Measles vaccination elicits a polyfunctional antibody response, which decays more rapidly in early vaccinated children.

Background Measles outbreaks are reported worldwide posing a serious threat, especially to young unvaccinated infants. Early measles vaccination under 12 months of age can induce protective antibody levels, but the long-term antibody functionalities are unknown. Methods Measles-specific antibody-functionality was tested by systems serology, in children receiving an early measles vaccination at 6-8 or 9-12 months, followed by a regular dose at 14 months of age, and children only receiving the vaccination at 14 months. Antibody-functionalities comprised complement-deposition, cellular cytotoxicity, neutrophil and cellular phagocytosis. Pearson's r correlations between all effector functions were used to investigate the coordination of the response. Results Children receiving early measles vaccination at 6-8 or 9-12 months show polyfunctional antibody responses.
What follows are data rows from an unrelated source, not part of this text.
-- ===== src/Contracts/Permissions/Grant.antt =====
-- packages/contracts/src/permission-grant.ts: `validatePermissionGrant`, which compares the
-- permissions granted to a plugin with those that its manifest requests.
pub mod Paths
use tego_next.Base.{
  ◌++◌, ℕ, Text, Bool, true, false, ◌&&◌, ◌||◌, List, [], ◌∷◌, Option, none, some, ok, err, all,
  any, leb, nat_beq, text_beq, text_eq, Map, get, if◌then◌else◌, ◌>>=◌,
}
use tego_next.Contracts.Diagnostic.{Code, Outcome, permission_grant_exceeds_request}
use tego_next.Selection.{ExecutorKind, has_kind, WorkerResourceCeilings}
use tego_next.Contracts.Permissions.{
  FilesystemAccess, same_access, CapabilityPermissionEntry, FilesystemRootPermission, Permission,
  capabilities, environments, executors, roots, networks, secrets, workers, kind_of,
  find_permission,
}
use tego_next.Contracts.Permissions.Input.{Input}
use tego_next.Contracts.Permissions.Names.{includes}
use tego_next.Contracts.Permissions.Canonical.{canonicalize_permission_set}

-- `containsAll(requested, granted)` on names, ports, executors and modes.
abbrev pub contains_all : List Text → List Text → Bool
contains_all requested granted = all (includes requested) granted

abbrev pub includes_port : List ℕ → ℕ → Bool
includes_port ports port = any (nat_beq port) ports

abbrev pub includes_access : List FilesystemAccess → FilesystemAccess → Bool
includes_access modes mode = any (same_access mode) modes

-- `target.startsWith(prefix)`.
unfoldable pub begins_with : (prefix : Text) → Text → Bool
begins_with [] target = true
begins_with (p ∷ prefix) [] = false
begins_with (p ∷ prefix) (c ∷ target) = nat_beq p c && begins_with prefix target

unfoldable pub contains_logical_path : (root : Text) → (target : Text) → Bool
unfolding begins_with
contains_logical_path root target =
    text_beq root (b'/' ∷ []) || (text_beq target root || begins_with (root ++ b'/' ∷ []) target)

-- `maximum.capabilities.find(...)`.
unfoldable pub find_entry : Text → List CapabilityPermissionEntry → Option CapabilityPermissionEntry
find_entry name [] = none
find_entry name (e ∷ es) =
    let rest = find_entry name es in if text_beq e.name name then some e else rest

abbrev pub entry_within : List CapabilityPermissionEntry → CapabilityPermissionEntry → Bool
entry_within maximum entry = elim (find_entry entry.name maximum) [
  | none ↦ false
  | some found ↦ contains_all found.methods entry.methods
]

abbrev pub root_within : List FilesystemRootPermission → FilesystemRootPermission → Bool
root_within maximum root =
    any
      (λ requested.
        contains_logical_path requested.path root.path
        && all (includes_access requested.access) root.access)
      maximum

abbrev pub has_label : Map Text Text → Text × Text → Bool
has_label labels (name, value) = elim (get name labels) [
  | none ↦ false
  | some found ↦ text_beq found value
]

abbrev pub fits : (resources : WorkerResourceCeilings) → (ceilings : WorkerResourceCeilings) → Bool
fits resources ceilings =
    leb resources.cpu_millis ceilings.cpu_millis
    && (leb resources.memory_bytes ceilings.memory_bytes
        && leb resources.storage_bytes ceilings.storage_bytes)

unfoldable pub category_subset : (requested : Permission) → (granted : Permission) → Bool
unfolding find_entry contains_logical_path
category_subset (capabilities maximum) (capabilities entries) = all (entry_within maximum) entries
category_subset (environments maximum) (environments names) = contains_all maximum names
category_subset (executors maximum) (executors kinds) = all (has_kind maximum) kinds
category_subset (roots maximum) (roots entries) = all (root_within maximum) entries
category_subset (networks hosts ports methods) (networks hosts' ports' methods') =
    contains_all hosts hosts' && (all (includes_port ports) ports' && contains_all methods methods')
category_subset (secrets maximum) (secrets names) = contains_all maximum names
category_subset (workers labels ceilings) (workers labels' ceilings') =
    all (has_label labels') labels && fits ceilings' ceilings
category_subset _ _ = false

pub record PermissionDecision : Type 0 where
  pub allowed : Bool
  pub diagnostics : List Code
  pub requested : Option (List Permission)
  pub granted : Option (List Permission)

-- The test in the loop over the granted permissions.
unfoldable pub is_within : (requested : List Permission) → Permission → Bool
unfolding category_subset find_permission
is_within requested p = elim (find_permission (kind_of p) requested) [
  | none ↦ false
  | some maximum ↦ category_subset maximum p
]

abbrev pub read_both :
    (domain_to_ascii : Text → Text) → Input → Input → Outcome (List Permission × List Permission)
read_both domain_to_ascii requested_input granted_input = do
  requested ← canonicalize_permission_set domain_to_ascii requested_input
  granted ← canonicalize_permission_set domain_to_ascii granted_input
  ok (requested, granted)

abbrev exceeded : Bool → List Code
exceeded true = []
exceeded false = permission_grant_exceeds_request ∷ []

-- The decision from what was read, or from the error thrown.
unfoldable pub decide_grant : Outcome (List Permission × List Permission) → PermissionDecision
unfolding is_within
decide_grant (err e) = record {
  allowed = false;
  diagnostics = e ∷ [];
  requested = none;
  granted = none;
}
decide_grant (ok (requested, granted)) =
    let within = all (is_within requested) granted in
    record {
      allowed = within;
      diagnostics = exceeded within;
      requested = some requested;
      granted = some granted;
    }

unfoldable pub validate_permission_grant :
    (domain_to_ascii : Text → Text) → Input → Input → PermissionDecision
unfolding decide_grant canonicalize_permission_set
validate_permission_grant domain_to_ascii requested_input granted_input =
    decide_grant (read_both domain_to_ascii requested_input granted_input)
Despite significant lower levels of antibodies in these early-vaccinated children, Fc-effector functions were comparable with regular-timed vaccinees at 14 months. However, 3-year follow-up revealed significant decreased polyfunctionality in children that received a first vaccination at 6-8 months, but not in children that received the early vaccination at 9-12 months. Conclusions Antibodies elicited in early-vaccinated children are equally polyfunctional to those elicited from children who received vaccination at 14 months. However, these antibody-functionalities decays more rapidly than those induced later in life, which may lead to suboptimal long-term protection.